Supongo que es inevitable, que el ser humano lleva impreso en su ADN un juez implacable que levanta la voz. Sobre todo hacia lo que desconoce o  le parece incorrecto desde su particular punto de vista. Da igual que se trate de un niño de tres años que viste tutú o de una forma de crianza diferente a la suya. El juez ha de juzgar.

No digamos ya cuando de lo que se habla es de la forma de vestir de una mujer que va relacionada con la religión. Religión que, por supuesto, en la mayor parte de los casos ni se conoce más que de oídas, ni se tiene ningún interés en conocer. Porque ellos son los raros. Los diferentes. Los que no respetan.

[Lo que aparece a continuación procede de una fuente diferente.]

-- ===== src/FastCgi/Params/Lengths.antt =====
-- The lengths of FastCGI's pairs, written and read back, with the bytes behind `j` for the buffer.
use cutelyst.Common.{
  ℕ, ◌+◌, ◌/◌, ◌%◌, ◌<◌, Bytes, [], ◌∷◌, ◌++◌, if◌then◌else◌, ltb, some, length, drop, ◌≡◌, arith,
}
use cutelyst.FastCgi.Params.{take_length, long_length}

-- A length as the FastCGI specification writes it: a byte, or four with the first bit set.
abbrev pub encode_length : ℕ → Bytes
encode_length n =
    if ltb n 0x80
    then n ∷ []
    else (0x80 + n / 0x1000000) ∷ (n / 0x10000 % 0x100) ∷ (n / 0x100 % 0x100) ∷ (n % 0x100) ∷ []

abbrev pub length_size : ℕ → ℕ
length_size n = if ltb n 0x80 then 1 else 4

pub length-encode_length : (n : ℕ) → length (encode_length n) ≡ length_size n
length-encode_length n = ground arith

-- A length is read back where a byte follows it in the record.
pub take_length-encode_length :
    (buf rest : Bytes) (len j n : ℕ)
    → n < 0x80000000
    → drop j buf ≡ encode_length n ++ rest
    → j + length_size n < len
    → take_length buf len j ≡ some (n, j + length_size n)
unfolding take_length long_length
take_length-encode_length buf rest len j n small at fits = rw (at, take_length) (ground arith)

Los de Oriente, los incivilizados.

Es curioso cómo hablamos con desprecio de lo desconocido si nos causa inquietud y lo identificamos con algo “malo”. El desconocimiento está en la base de muchos comportamientos deplorables e irracionales. Y en Occidente somos muy dados a mirarnos el ombligo y ponernos a soltar diatribas comos si fuéramos el centro del Universo. Y hay mucho más mundo allá de nuestras occidentales fronteras.

mujeres musulmanas

Bikinis y burkinis

La polémica comenzó el día que Egipto y Alemania jugaron su partido de voley-playa en los Juegos Olímpicos de Río. Una fotografía en la que se veía a una de las jugadoras alemanas con un escueto bikini y a Doaa El Ghobashy, una de las egipcias, con todo su cuerpo cubierto, incluida la cabeza, que vestía un hiyab. Aquí podéis ver una de las imágenes de ese partido y leer algunas reflexiones.

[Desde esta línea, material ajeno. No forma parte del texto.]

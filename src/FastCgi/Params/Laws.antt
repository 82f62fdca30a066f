-- ===== src/FastCgi/Params/Laws.antt =====
-- What parseHeaders of Cutelyst/Server/protocolfastcgi.cpp makes of the pairs that a web server writes.
use cutelyst.Common.{
  ℕ, zero, suc, ◌-◌, ◌<◌, ◌≤◌, Bytes, [], ◌∷◌, ◌++◌, Bool, true, not, ◌||◌, ltb, leb, length, drop,
  take, codes, All, ◌≡◌, refl, ap, arith, length-drop, Bool-cases, inl, inr,
}
use cutelyst.Http.Requests.{ProtoRequest}
use cutelyst.Multipart.Boundary.{is_prefix}
use cutelyst.FastCgi.Params.{Readers, note_param, note_variable, add_field}

-- The name is compared with bytes of the key only, or differs from the key before its end.
abbrev pub settled : Bytes → Bytes → Bool
settled key name = not (is_prefix key name) || leb (length name) (length key)

-- A key that is not the beginning of a longer name that the code looks for.
abbrev pub IsKey : Bytes → Type 0
IsKey key =
    All (λ name. settled key name ≡ true)
      (codes "REQUEST_METHOD"
        ∷ codes "REQUEST_URI"
        ∷ codes "SERVER_PROTOCOL"
        ∷ codes "REMOTE_ADDR"
        ∷ codes "REMOTE_PORT"
        ∷ codes "CONTENT_TYPE"
        ∷ codes "CONTENT_LENGTH"
        ∷ codes "REQUEST_SCHEME"
        ∷ [])
    × ((leb (length key) 5 || settled (drop 5 key) (codes "HOST")) ≡ true)

is_prefix-settled :
    (name key rest : Bytes)
    → settled key name ≡ true
    → is_prefix name (key ++ rest) ≡ is_prefix name key
is_prefix-settled [] key rest h = refl
is_prefix-settled (x ∷ name) [] rest h = ground arith
is_prefix-settled (x ∷ name) (y ∷ key) rest h = ground (arith, is_prefix-settled name key rest)

is_prefix-long :
    (name key rest : Bytes)
    → length name ≤ length key
    → is_prefix name (key ++ rest) ≡ is_prefix name key
is_prefix-long [] key rest h = refl
is_prefix-long (x ∷ name) [] rest h = absurd (omega arith)
is_prefix-long (x ∷ name) (y ∷ key) rest h =
    ground (arith, is_prefix-long name key rest (omega arith))

drop-long : (n : ℕ) (key rest : Bytes) → n ≤ length key → drop n (key ++ rest) ≡ drop n key ++ rest
drop-long zero key rest h = refl
drop-long (suc n) [] rest h = absurd (omega arith)
drop-long (suc n) (x ∷ key) rest h = drop-long n key rest (omega arith)

take-long : (n : ℕ) (key rest : Bytes) → n ≤ length key → take n (key ++ rest) ≡ take n key
take-long zero key rest h = refl
take-long (suc n) [] rest h = absurd (omega arith)
take-long (suc n) (x ∷ key) rest h = ap (λ (t : Bytes). x ∷ t) (take-long n key rest (omega arith))

add_field-append :
    (key rest value : Bytes) (r : ProtoRequest)
    → 5 < length key
    → settled (drop 5 key) (codes "HOST") ≡ true
    → add_field (key ++ rest) (length key) value r ≡ add_field key (length key) value r
add_field-append key rest value r long h =
    let behind : drop 5 (key ++ rest) ≡ drop 5 key ++ rest = drop-long 5 key rest (omega arith) in
    let host = is_prefix-settled (codes "HOST") (drop 5 key) rest h in
    let name =
      take-long (length key - 5) (drop 5 key) rest (omega (arith, length-drop {0} 5 key)) in
    rw (behind) (rw (host, name) refl)

note_variable-append :
    (qt : Readers) (key rest value : Bytes) (r : ProtoRequest)
    → IsKey key
    → note_variable qt (key ++ rest) value r ≡ note_variable qt key value r
unfolding note_variable
note_variable-append qt key rest value r ((h1, (h2, (h3, (h4, (h5, (h6, (h7, (h8, _)))))))), hh) =
    rw
      (
        is_prefix-settled (codes "REQUEST_METHOD") key rest h1,
        is_prefix-settled (codes "REQUEST_URI") key rest h2,
        is_prefix-settled (codes "SERVER_PROTOCOL") key rest h3,
        is_prefix-settled (codes "REMOTE_ADDR") key rest h4,
        is_prefix-settled (codes "REMOTE_PORT") key rest h5,
        is_prefix-settled (codes "CONTENT_TYPE") key rest h6,
        is_prefix-settled (codes "CONTENT_LENGTH") key rest h7,
        is_prefix-settled (codes "REQUEST_SCHEME") key rest h8,
      )
      refl

-- Whatever stands behind such a key, it is taken for what it is.
pub note_param-append :
    (qt : Readers) (key rest value : Bytes) (r : ProtoRequest)
    → IsKey key
    → note_param qt (key ++ rest) (length key) value r ≡ note_param qt key (length key) value r
unfolding note_param
note_param-append qt key rest value r (h, hh) = elim (Bool-cases (ltb 5 (length key))) [
  | inr e ↦ rw e (note_variable-append qt key rest value r (h, hh))
  | inl e ↦
      let long : 5 < length key = ground arith in
      let host : settled (drop 5 key) (codes "HOST") ≡ true = ground arith in
      let found = is_prefix-long (codes "HTTP_") key rest (omega arith) in
      rw (e, found)
        (ground (
          arith,
          add_field-append key rest value r long host,
          note_variable-append qt key rest value r (h, hh),
        ))
]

Y las redes sociales, los blogs, los periódicos, digitales y en papel, comenzaron a bullir en comentarios.

Comentarios sobre su vestimenta; comentarios sobre el hiyab, dado que su compañera no lo lleva. Comentarios sobre la locura de ir tapada de arriba a abajo con el calor brasileño. Después, se cuestionó la libertad de la mujer, haciendo hincapié en su religión, la musulmana.

Nadie pareció darse cuenta del diminuto bikini que vestía la oponente de El Ghobash. Puede que por costumbre, ya que hasta hace poco era la única opción de vestimenta, determinada de forma rigurosa por la Federación Internacional de Voleibol.

bikini

Esclavitudes modernas

Me gusta la libertad. La que me deja razonar y tomar mis propias decisiones. La que me permite trabajar y ganar dinero. La que han conseguido otras mujeres luchando por la igualdad, la que hay que seguir reivindicando porque nos queda mucho por caminar.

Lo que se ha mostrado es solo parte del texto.